## What the task asks
Would you please return the lines of the entries below starting at the line that has "page_size = 4096" and ending at the line that has "pub ino : ℕ", both included, exactly as they are?

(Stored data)
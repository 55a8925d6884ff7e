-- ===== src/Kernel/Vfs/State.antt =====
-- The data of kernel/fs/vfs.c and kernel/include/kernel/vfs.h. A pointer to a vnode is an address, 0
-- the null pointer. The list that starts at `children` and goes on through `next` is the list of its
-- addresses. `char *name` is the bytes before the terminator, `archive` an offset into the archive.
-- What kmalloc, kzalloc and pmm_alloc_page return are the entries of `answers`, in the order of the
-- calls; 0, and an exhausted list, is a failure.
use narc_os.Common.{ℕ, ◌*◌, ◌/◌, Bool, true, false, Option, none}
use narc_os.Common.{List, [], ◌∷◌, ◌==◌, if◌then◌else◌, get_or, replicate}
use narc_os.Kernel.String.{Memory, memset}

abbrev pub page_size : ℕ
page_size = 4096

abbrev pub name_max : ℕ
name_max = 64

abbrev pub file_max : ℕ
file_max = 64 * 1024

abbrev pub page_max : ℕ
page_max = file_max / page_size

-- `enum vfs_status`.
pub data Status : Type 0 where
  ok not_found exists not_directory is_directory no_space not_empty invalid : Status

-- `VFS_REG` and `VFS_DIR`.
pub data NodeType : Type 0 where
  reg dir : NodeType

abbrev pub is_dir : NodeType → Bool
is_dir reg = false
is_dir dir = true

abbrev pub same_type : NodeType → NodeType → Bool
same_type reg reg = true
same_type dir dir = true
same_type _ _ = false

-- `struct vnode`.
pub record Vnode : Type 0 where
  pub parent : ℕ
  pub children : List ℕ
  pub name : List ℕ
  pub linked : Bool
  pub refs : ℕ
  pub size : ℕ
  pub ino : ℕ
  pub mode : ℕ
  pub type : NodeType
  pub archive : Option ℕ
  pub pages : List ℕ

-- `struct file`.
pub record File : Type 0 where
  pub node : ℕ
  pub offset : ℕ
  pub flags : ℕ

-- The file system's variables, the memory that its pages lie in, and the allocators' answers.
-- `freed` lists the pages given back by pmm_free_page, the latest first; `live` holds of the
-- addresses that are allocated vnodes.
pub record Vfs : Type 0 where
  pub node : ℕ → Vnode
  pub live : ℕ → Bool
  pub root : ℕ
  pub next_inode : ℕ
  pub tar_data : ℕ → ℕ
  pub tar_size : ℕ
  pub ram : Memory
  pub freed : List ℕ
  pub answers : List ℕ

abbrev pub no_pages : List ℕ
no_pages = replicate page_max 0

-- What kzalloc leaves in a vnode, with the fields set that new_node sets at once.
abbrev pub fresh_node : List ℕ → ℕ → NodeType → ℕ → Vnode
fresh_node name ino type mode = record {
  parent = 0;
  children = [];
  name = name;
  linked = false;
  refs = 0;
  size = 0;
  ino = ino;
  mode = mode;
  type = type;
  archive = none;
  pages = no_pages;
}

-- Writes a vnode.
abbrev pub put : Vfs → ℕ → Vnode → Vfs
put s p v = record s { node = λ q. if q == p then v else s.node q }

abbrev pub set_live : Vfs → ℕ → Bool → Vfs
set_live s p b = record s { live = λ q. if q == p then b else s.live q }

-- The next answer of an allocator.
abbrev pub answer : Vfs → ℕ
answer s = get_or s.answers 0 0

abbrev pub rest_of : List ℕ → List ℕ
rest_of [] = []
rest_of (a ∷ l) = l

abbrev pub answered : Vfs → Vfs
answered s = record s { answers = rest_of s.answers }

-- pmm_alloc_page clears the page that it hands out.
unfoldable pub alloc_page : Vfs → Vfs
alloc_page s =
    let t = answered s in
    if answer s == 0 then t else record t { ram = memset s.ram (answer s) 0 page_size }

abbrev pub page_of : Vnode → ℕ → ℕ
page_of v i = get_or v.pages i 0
==
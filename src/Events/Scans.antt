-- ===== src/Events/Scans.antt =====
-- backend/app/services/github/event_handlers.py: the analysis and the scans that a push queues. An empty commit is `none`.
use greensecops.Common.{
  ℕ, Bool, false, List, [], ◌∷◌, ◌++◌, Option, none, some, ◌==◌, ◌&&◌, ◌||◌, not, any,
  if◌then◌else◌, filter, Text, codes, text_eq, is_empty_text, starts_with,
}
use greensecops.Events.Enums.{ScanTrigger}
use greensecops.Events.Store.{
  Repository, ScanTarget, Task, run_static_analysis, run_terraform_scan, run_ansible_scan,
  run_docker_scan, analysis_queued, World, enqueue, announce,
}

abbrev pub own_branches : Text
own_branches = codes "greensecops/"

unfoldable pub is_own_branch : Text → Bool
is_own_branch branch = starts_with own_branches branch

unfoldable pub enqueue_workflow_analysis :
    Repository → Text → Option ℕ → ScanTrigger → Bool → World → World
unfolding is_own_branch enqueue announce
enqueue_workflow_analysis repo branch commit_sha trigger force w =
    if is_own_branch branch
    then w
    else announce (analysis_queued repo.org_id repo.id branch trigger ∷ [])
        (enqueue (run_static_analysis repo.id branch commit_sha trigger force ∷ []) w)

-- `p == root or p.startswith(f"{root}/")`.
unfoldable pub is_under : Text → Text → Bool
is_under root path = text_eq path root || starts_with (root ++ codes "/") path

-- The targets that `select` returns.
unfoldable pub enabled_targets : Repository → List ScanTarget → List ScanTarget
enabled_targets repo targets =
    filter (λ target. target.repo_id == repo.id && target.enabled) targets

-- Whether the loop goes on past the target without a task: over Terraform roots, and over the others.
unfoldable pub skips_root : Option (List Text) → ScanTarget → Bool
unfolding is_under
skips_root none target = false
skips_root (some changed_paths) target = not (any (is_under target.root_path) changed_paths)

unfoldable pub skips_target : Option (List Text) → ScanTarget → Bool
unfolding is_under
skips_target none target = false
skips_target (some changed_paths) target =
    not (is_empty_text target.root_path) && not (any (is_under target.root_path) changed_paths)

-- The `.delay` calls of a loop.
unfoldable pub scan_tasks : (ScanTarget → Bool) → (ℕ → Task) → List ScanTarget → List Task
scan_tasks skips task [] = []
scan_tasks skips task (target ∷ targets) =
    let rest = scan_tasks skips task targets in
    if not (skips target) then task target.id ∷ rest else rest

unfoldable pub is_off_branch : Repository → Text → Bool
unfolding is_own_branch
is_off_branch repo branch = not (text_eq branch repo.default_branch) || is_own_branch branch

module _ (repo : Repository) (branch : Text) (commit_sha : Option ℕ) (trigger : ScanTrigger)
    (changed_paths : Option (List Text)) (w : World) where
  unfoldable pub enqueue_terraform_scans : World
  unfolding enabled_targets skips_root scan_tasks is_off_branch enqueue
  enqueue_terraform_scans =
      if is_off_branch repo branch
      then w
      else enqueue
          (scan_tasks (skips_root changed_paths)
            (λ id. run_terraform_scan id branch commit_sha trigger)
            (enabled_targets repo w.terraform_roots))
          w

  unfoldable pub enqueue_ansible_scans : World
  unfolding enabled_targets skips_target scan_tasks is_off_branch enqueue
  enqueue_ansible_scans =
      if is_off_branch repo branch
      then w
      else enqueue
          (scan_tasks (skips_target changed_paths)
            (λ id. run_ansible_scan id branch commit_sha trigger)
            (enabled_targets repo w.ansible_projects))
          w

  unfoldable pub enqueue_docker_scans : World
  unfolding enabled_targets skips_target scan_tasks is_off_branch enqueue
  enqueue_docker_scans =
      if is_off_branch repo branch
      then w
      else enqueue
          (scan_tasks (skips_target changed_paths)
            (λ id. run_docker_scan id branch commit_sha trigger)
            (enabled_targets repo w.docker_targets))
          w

## Exercise answer
page_size = 4096

abbrev pub name_max : ℕ
name_max = 64

abbrev pub file_max : ℕ
file_max = 64 * 1024

abbrev pub page_max : ℕ
page_max = file_max / page_size

-- `enum vfs_status`.
pub data Status : Type 0 where
  ok not_found exists not_directory is_directory no_space not_empty invalid : Status

-- `VFS_REG` and `VFS_DIR`.
pub data NodeType : Type 0 where
  reg dir : NodeType

abbrev pub is_dir : NodeType → Bool
is_dir reg = false
is_dir dir = true

abbrev pub same_type : NodeType → NodeType → Bool
same_type reg reg = true
same_type dir dir = true
same_type _ _ = false

-- `struct vnode`.
pub record Vnode : Type 0 where
  pub parent : ℕ
  pub children : List ℕ
  pub name : List ℕ
  pub linked : Bool
  pub refs : ℕ
  pub size : ℕ
  pub ino : ℕ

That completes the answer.